→ Problem description: Stopping at the line that holds "-- review_backend/models.py: one", repeat the lines below exactly, starting from the very first and including that final line.

→ Stored items:
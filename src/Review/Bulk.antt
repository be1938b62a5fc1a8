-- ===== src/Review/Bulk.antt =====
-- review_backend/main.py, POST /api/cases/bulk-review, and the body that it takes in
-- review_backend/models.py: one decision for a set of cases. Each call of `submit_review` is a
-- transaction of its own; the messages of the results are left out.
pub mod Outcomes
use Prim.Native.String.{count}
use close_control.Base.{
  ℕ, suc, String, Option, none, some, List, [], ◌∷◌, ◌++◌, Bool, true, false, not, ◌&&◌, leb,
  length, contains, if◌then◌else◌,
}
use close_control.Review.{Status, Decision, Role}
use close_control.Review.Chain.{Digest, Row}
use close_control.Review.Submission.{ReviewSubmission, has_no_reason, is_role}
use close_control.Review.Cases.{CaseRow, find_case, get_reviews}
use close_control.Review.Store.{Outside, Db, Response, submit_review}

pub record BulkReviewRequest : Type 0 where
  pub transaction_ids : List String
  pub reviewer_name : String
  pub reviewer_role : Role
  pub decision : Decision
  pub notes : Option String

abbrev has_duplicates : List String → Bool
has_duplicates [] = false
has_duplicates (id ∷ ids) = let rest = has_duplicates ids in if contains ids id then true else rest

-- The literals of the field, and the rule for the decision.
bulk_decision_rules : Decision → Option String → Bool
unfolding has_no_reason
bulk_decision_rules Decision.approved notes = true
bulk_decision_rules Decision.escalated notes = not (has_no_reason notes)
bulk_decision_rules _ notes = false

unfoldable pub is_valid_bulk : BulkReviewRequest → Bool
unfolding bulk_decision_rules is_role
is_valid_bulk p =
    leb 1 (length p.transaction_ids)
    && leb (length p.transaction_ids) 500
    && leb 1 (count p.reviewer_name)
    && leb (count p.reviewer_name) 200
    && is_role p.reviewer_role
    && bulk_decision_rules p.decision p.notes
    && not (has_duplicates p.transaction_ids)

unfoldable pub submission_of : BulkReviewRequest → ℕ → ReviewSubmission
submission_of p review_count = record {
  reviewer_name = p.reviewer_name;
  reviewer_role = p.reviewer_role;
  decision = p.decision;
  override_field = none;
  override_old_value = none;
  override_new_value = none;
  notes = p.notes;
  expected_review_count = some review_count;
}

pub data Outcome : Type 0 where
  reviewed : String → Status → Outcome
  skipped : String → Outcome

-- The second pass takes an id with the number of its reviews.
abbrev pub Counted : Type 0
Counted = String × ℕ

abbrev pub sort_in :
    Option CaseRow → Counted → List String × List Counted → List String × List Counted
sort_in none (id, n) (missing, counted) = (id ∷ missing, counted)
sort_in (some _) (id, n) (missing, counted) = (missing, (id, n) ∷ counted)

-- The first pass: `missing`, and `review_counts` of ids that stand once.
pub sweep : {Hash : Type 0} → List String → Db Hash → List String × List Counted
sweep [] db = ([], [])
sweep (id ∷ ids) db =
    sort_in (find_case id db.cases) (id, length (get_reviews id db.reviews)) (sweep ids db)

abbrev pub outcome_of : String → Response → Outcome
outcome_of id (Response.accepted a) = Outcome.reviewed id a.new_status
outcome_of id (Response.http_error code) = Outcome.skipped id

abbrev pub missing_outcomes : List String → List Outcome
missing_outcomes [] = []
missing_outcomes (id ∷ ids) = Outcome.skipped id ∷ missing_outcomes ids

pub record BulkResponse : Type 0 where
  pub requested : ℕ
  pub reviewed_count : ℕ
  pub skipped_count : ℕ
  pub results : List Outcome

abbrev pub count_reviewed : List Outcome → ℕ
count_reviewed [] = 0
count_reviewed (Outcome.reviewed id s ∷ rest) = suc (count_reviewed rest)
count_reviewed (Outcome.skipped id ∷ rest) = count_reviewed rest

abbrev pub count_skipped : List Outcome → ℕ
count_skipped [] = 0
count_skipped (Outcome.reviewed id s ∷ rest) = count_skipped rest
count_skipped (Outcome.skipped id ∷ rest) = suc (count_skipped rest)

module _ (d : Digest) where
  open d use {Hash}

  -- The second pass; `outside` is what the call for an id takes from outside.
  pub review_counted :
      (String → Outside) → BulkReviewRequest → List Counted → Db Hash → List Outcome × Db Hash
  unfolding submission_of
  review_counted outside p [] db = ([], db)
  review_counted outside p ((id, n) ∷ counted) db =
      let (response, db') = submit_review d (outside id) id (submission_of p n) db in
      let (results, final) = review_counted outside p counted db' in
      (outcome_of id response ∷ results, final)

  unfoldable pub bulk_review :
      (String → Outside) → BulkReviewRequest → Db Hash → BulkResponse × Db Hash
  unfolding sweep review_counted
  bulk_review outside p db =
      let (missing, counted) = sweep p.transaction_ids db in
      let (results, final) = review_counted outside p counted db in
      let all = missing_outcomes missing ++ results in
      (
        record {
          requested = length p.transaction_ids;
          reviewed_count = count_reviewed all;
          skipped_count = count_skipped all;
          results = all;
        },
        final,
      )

→ Answer to the exercise:
filename src/Review/Bulk.antt
repository be1938b62a5fc1a8
-- ===== src/Review/Bulk.antt =====
-- review_backend/main.py, POST /api/cases/bulk-review, and the body that it takes in
-- review_backend/models.py: one decision for a set of cases. Each call of `submit_review` is a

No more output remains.